When Cisco released the Nexus 1000V Switch for VMware vSphere, an essentials edition was offered under a freemium model, while a paid edition provided more security, scale and other features. The core value proposition here is clear. However, the same can not be said of the Nexus 1000V Switch for Kernel-based Virtual Machine (KVM), an open source virtual switching solution.
In an interview for theCUBE at VMworld, Cisco Director of Product Management Balaji Sivasubramanian, addressed this speculation and revealed that the KVM solution is not about just selling a switch. He pointed out that Cisco isn’t selling the KVM solution as a stand-alone vSwitch and explained that it is purpose built for OpenStack and fully integrated into its overall solutions. On its freemium model, Cisco offers virtualization-aware networking infrastructure, integration with the OpenStack Neutron service and services architecture through support for vPath.

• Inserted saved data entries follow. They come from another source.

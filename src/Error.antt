-- ===== src/Error.antt =====
-- asyncmsg/asyncmsg/tcp/exception.hpp: the errors that the library throws.

-- The classes below `asyncmsg_error`.
pub data Error : Type 0 where
  timeout_error invalid_device_id_error invalid_state_error connection_error : Error

-- What `what()` returns: "timeout", "invalid device id", "invalid state".
pub data Message : Type 0 where
  timeout invalid_device_id invalid_state : Message

unfoldable pub what : Error → Message
what timeout_error = timeout
what invalid_device_id_error = invalid_device_id
what invalid_state_error = invalid_state
what connection_error = invalid_state

-- What a call ends with: a result, or an error thrown.
pub data Result {ℓ} (A : Type ℓ) : Type ℓ where
  returned : A → Result A
  thrown : Error → Result A
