-- ===== src/Lru.antt =====
-- asyncmsg/asyncmsg/detail/lru.hpp, at uint64_t, the type at which the client uses it. An iterator of the
-- `std::list` is the number of its node; the map is an association list.
pub mod Table
pub mod Nodes
pub mod Exist
pub mod Put
mod Tests
use asyncmsg.Base.{
  ℕ, zero, suc, ◌+◌, Bool, true, false, Option, none, some, List, [], ◌∷◌, length, ltb, ◌==◌,
  if◌then◌else◌,
}

-- `l`, front first, as nodes with their values; `m`, from values to nodes; `unused` is the number of
-- the next node.
pub record Lru : Type 0 where
  pub cap : ℕ
  pub l : List (ℕ × ℕ)
  pub m : List (ℕ × ℕ)
  pub unused : ℕ

unfoldable pub lru : ℕ → Lru
lru cap = record { cap = cap; l = []; m = []; unused = 0 }

-- `m.find(v)`, `m[v] = node` and `m.erase(v)`.
unfoldable pub find : List (ℕ × ℕ) → ℕ → Option ℕ
find [] v = none
find ((k, node) ∷ m) v = if k == v then some node else find m v

unfoldable pub assign : List (ℕ × ℕ) → ℕ → ℕ → List (ℕ × ℕ)
assign [] v node = (v, node) ∷ []
assign ((k, old) ∷ m) v node = if k == v then (k, node) ∷ m else (k, old) ∷ assign m v node

unfoldable pub erase : List (ℕ × ℕ) → ℕ → List (ℕ × ℕ)
erase [] v = []
erase ((k, node) ∷ m) v = if k == v then m else (k, node) ∷ erase m v

-- `l.erase(it)`, `l.splice(l.begin(), l, it)`, `l.back()` and `l.pop_back()`. An iterator that is in
-- the list no more changes nothing here; `Put` and `Exist` show that none is used.
unfoldable pub erase_node : ℕ → List (ℕ × ℕ) → List (ℕ × ℕ)
erase_node i [] = []
erase_node i ((j, v) ∷ l) = if j == i then l else (j, v) ∷ erase_node i l

unfoldable pub value_of : ℕ → List (ℕ × ℕ) → Option ℕ
value_of i [] = none
value_of i ((j, v) ∷ l) = if j == i then some v else value_of i l

unfoldable pub splice_front : ℕ → List (ℕ × ℕ) → List (ℕ × ℕ)
splice_front i l = elim (value_of i l) [ none ↦ l | some v ↦ (i, v) ∷ erase_node i l ]

unfoldable pub back : ℕ × ℕ → List (ℕ × ℕ) → ℕ
back x [] = x.1
back x (y ∷ l) = back y l

unfoldable pub pop_back : ℕ × ℕ → List (ℕ × ℕ) → List (ℕ × ℕ)
pop_back x [] = []
pop_back x (y ∷ l) = x ∷ pop_back y l

-- `exist(v)`.
unfoldable pub exist : Lru → ℕ → Lru × Bool
exist c v = elim (find c.m v) [
  | none ↦ (c, false)
  | some node ↦ (record c { l = splice_front node c.l }, true)
]

-- The list after the first `if` of `put`.
unfoldable pub without_old : Lru → ℕ → List (ℕ × ℕ)
without_old c v = elim (find c.m v) [ none ↦ c.l | some node ↦ erase_node node c.l ]

-- `put(v)`; the list is not empty when its back is taken.
unfoldable pub put : Lru → ℕ → Lru
put c v =
    let rest = without_old c v in
    let m' = assign c.m v c.unused in
    if ltb c.cap (length m')
    then record c {
      l = pop_back (c.unused, v) rest;
      m = erase m' (back (c.unused, v) rest);
      unused = suc c.unused;
    }
    else record c { l = (c.unused, v) ∷ rest; m = m'; unused = suc c.unused }
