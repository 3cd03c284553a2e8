-- ===== src/Packet.antt =====
-- asyncmsg/asyncmsg/tcp/packet.hpp: packets, their sequence numbers and ids, and the frames on the wire.
pub mod Seq
pub mod Id
pub mod Frame
pub mod Decode
mod Tests
use asyncmsg.Base.{
  ℕ, zero, suc, ◌+◌, ◌-◌, ◌*◌, ◌%◌, ◌^◌, bit_or, Bool, true, false, List, [], ◌∷◌, ◌++◌, length,
  get_or, take, drop, replicate, leb, ltb, ◌==◌, if◌then◌else◌,
}
use asyncmsg.ByteOrder.{ByteOrder, put32, get32, host_to_network_32, network_to_host_32}
use asyncmsg.Crc.{crc_step, crc_loop, calc_crc8}

abbrev pub packet_begin_flag : ℕ
packet_begin_flag = 0x55

abbrev pub device_id_size : ℕ
device_id_size = 64

abbrev pub max_body_length : ℕ
max_body_length = 16 * 1024

-- `sizeof(packet_header)`, whose fields are packed.
abbrev pub header_length : ℕ
header_length = 1 + 4 + 4 + 1 + 4 + 4 + device_id_size + 4 + 1

-- A packet; the body is the bytes that its buffer holds.
pub record Packet : Type 0 where
  pub cmd : ℕ
  pub seq : ℕ
  pub rsp : Bool
  pub ec : ℕ
  pub device_id : List ℕ
  pub body : List ℕ

-- `next_seq`: the new value of `seq_generator`, which is also the number returned.
unfoldable pub next_seq : ℕ → ℕ
next_seq generator = ((if generator == 2 ^ 32 - 1 then 0 else generator) + 1) % 2 ^ 32

-- The constructor of a packet from its parts. A sequence number 0 asks for the next one; the
-- second component is the generator afterwards.
unfoldable pub make_packet : ℕ → ℕ → Bool → List ℕ → List ℕ → ℕ → ℕ → Packet × ℕ
make_packet generator cmd rsp body device_id seq ec = (
  record {
    cmd = cmd;
    seq = if seq == 0 then next_seq generator else seq;
    rsp = rsp;
    ec = ec;
    device_id = device_id;
    body = body;
  },
  if seq == 0 then next_seq generator else generator,
)

unfoldable pub build_req_packet : ℕ → ℕ → List ℕ → List ℕ → Packet × ℕ
build_req_packet generator cmd body device_id = make_packet generator cmd false body device_id 0 0

unfoldable pub build_rsp_packet : ℕ → ℕ → ℕ → ℕ → List ℕ → List ℕ → Packet × ℕ
build_rsp_packet generator cmd seq ec device_id body =
    make_packet generator cmd true body device_id seq ec

-- `id << 31 | seq`, on uint64_t.
unfoldable pub packet_id : Packet → ℕ
packet_id p = bit_or (p.cmd * 2 ^ 31 % 2 ^ 64) p.seq

-- `struct packet_header`. A uint32_t is kept as the host number in the field's memory, that is, in
-- network order; here, as the field's four bytes.
pub record PacketHeader : Type 0 where
  pub flag : ℕ
  pub cmd : List ℕ
  pub seq : List ℕ
  pub rsp : ℕ
  pub ec : List ℕ
  pub device_id_len : List ℕ
  pub device_id : List ℕ
  pub body_len : List ℕ
  pub crc : ℕ

-- The bytes of a header in memory, up to the checksum, and all of them.
unfoldable pub checked_bytes : PacketHeader → List ℕ
checked_bytes h =
    h.flag
    ∷ (h.cmd ++ (h.seq ++ (h.rsp ∷ (h.ec ++ (h.device_id_len ++ (h.device_id ++ h.body_len))))))

unfoldable pub header_bytes : PacketHeader → List ℕ
header_bytes h = checked_bytes h ++ h.crc ∷ []

-- The characters of `c_str()` before its end: up to the first NUL.
unfoldable pub c_string : List ℕ → List ℕ
c_string [] = []
c_string (c ∷ cs) = if c == 0 then [] else c ∷ c_string cs

-- `strcpy` into memory that holds `dst`: the characters and a NUL; the rest stays.
unfoldable pub strcpy : List ℕ → List ℕ → List ℕ
strcpy dst src = c_string src ++ 0 ∷ drop (length (c_string src) + 1) dst

-- The header that `encode_packet` fills in, its checksum still unset.
unfoldable pub fill_header : ByteOrder → Packet → PacketHeader
fill_header o p = record {
  flag = packet_begin_flag;
  cmd = put32 o p.cmd;
  seq = put32 o p.seq;
  rsp = if p.rsp then 1 else 0;
  ec = put32 o p.ec;
  device_id_len = put32 o (length p.device_id % 2 ^ 32);
  device_id = strcpy (replicate device_id_size 0) p.device_id;
  body_len = put32 o (length p.body % 2 ^ 32);
  crc = 0;
}

-- `frame` is the buffer that `encode_packet` returns. `assert_failed` is its assertion on the device
-- id; `overflow` is a copy past the end of the buffer, whose size is computed on uint32_t.
pub data Encoded : Type 0 where
  frame : List ℕ → Encoded
  assert_failed overflow : Encoded

unfoldable pub encode_packet : ByteOrder → Packet → Encoded
encode_packet o p =
    let data_len = (header_length + length p.body) % 2 ^ 32 in
    let header = fill_header o p in
    let crc = calc_crc8 (header_bytes header) (header_length - 1) in
    if ltb (length p.device_id) device_id_size
    then (if leb (header_length + length p.body) data_len
        then frame (header_bytes (record header { crc = crc }) ++ p.body)
        else overflow)
    else assert_failed

-- `n` bytes from offset `off` on.
abbrev pub slice : ℕ → ℕ → List ℕ → List ℕ
slice off n bytes = take n (drop off bytes)

-- The header that a pointer to these bytes reads.
unfoldable pub read_header : List ℕ → PacketHeader
read_header bytes = record {
  flag = get_or bytes 0 0;
  cmd = slice 1 4 bytes;
  seq = slice 5 4 bytes;
  rsp = get_or bytes 9 0;
  ec = slice 10 4 bytes;
  device_id_len = slice 14 4 bytes;
  device_id = slice 18 device_id_size bytes;
  body_len = slice 82 4 bytes;
  crc = get_or bytes 86 0;
}

-- What `decode_packet` returns, with `consume_len`: no packet yet, or a packet and the sequence
-- generator afterwards. `overread` is a read past the end of the memory; `out_of_fuel` is not the
-- code's, and `Decode.Total` shows that it does not occur.
pub data Decoded : Type 0 where
  none_yet : ℕ → Decoded
  packet : ℕ → Packet → ℕ → Decoded
  overread out_of_fuel : Decoded

-- The scan for the begin flag: how many bytes it passes over.
unfoldable pub find_flag : List ℕ → ℕ
find_flag [] = 0
find_flag (b ∷ bs) = if b == packet_begin_flag then 0 else suc (find_flag bs)

-- From the accepted header on; `bytes` is `buf_valid`. The device id is read from its field, as many
-- bytes as `device_id_len` says: over the rest of the buffer, and over what follows it in memory.
unfoldable pub take_packet : ByteOrder → ℕ → List ℕ → List ℕ → ℕ → Decoded
take_packet o generator bytes beyond consumed =
    let header = read_header bytes in
    let body_len = get32 o header.body_len in
    let device_id_len = get32 o header.device_id_len in
    let made =
      make_packet generator (get32 o header.cmd) (if header.rsp == 0 then false else true)
        (slice header_length body_len bytes) (slice 18 device_id_len (bytes ++ beyond))
        (get32 o header.seq) (get32 o header.ec) in
    if leb (18 + device_id_len) (length (bytes ++ beyond))
    then packet (consumed + header_length + body_len) made.0 made.1
    else overread

-- One round of the loop after the scan, on `buf_valid`; `again` is the rest of the loop, from so many
-- bytes further on.
unfoldable pub decode_round : ByteOrder → ℕ → List ℕ → List ℕ → ℕ → (ℕ → Decoded) → Decoded
decode_round o generator bytes beyond consumed again =
    let header = read_header bytes in
    let body_len = get32 o header.body_len in
    if ltb (length bytes) header_length
    then none_yet consumed
    else if calc_crc8 bytes (header_length - 1) == header.crc
    then (if ltb max_body_length body_len
        then again header_length
        else if ltb (length bytes) (header_length + body_len)
        then none_yet consumed
        else take_packet o generator bytes beyond consumed)
    else again 1

-- The loop of `decode_packet`, on the bytes from `consume_len` on.
unfoldable pub decode_loop : ℕ → ByteOrder → ℕ → List ℕ → List ℕ → ℕ → Decoded
decode_loop zero o generator buf beyond consumed = out_of_fuel
decode_loop (suc fuel) o generator buf beyond consumed =
    let skip = find_flag buf in
    decode_round o generator (drop skip buf) beyond (consumed + skip)
      (λ n. decode_loop fuel o generator (drop n (drop skip buf)) beyond (consumed + skip + n))

-- `decode_packet(buf, buf_len, consume_len)`: `buf` is the `buf_len` bytes, `beyond` what follows them
-- in the same allocation.
unfoldable pub decode_packet : ByteOrder → ℕ → List ℕ → List ℕ → Decoded
decode_packet o generator buf beyond = decode_loop (suc (length buf)) o generator buf beyond 0

-- All that a run of the encoder and the decoder computes with.
unfoldable pub codec : Unit {0}
unfolding next_seq make_packet build_req_packet build_rsp_packet packet_id checked_bytes
    header_bytes c_string strcpy put32 get32 calc_crc8 crc_loop crc_step fill_header encode_packet
    read_header find_flag take_packet decode_round decode_loop decode_packet host_to_network_32
    network_to_host_32
codec = tt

Although all those features are free, there isn’t a network virtualization solution. On the paid advanced edition, Sivasubramanian said that what Cisco offers is the ability to support 6,000 Virtual Extensible LAN (VXLAN) segments in a single Virtual Supervisor Module (VSM) controller. Customers can build multiple virtual machine (VM) clusters, each with 250 servers, and then have the VXLAN go between those clusters. With this, customers can essentially build a large overlay solution. Sivasubramanian added that this is what customers are paying for, not necessarily just for a vSwitch.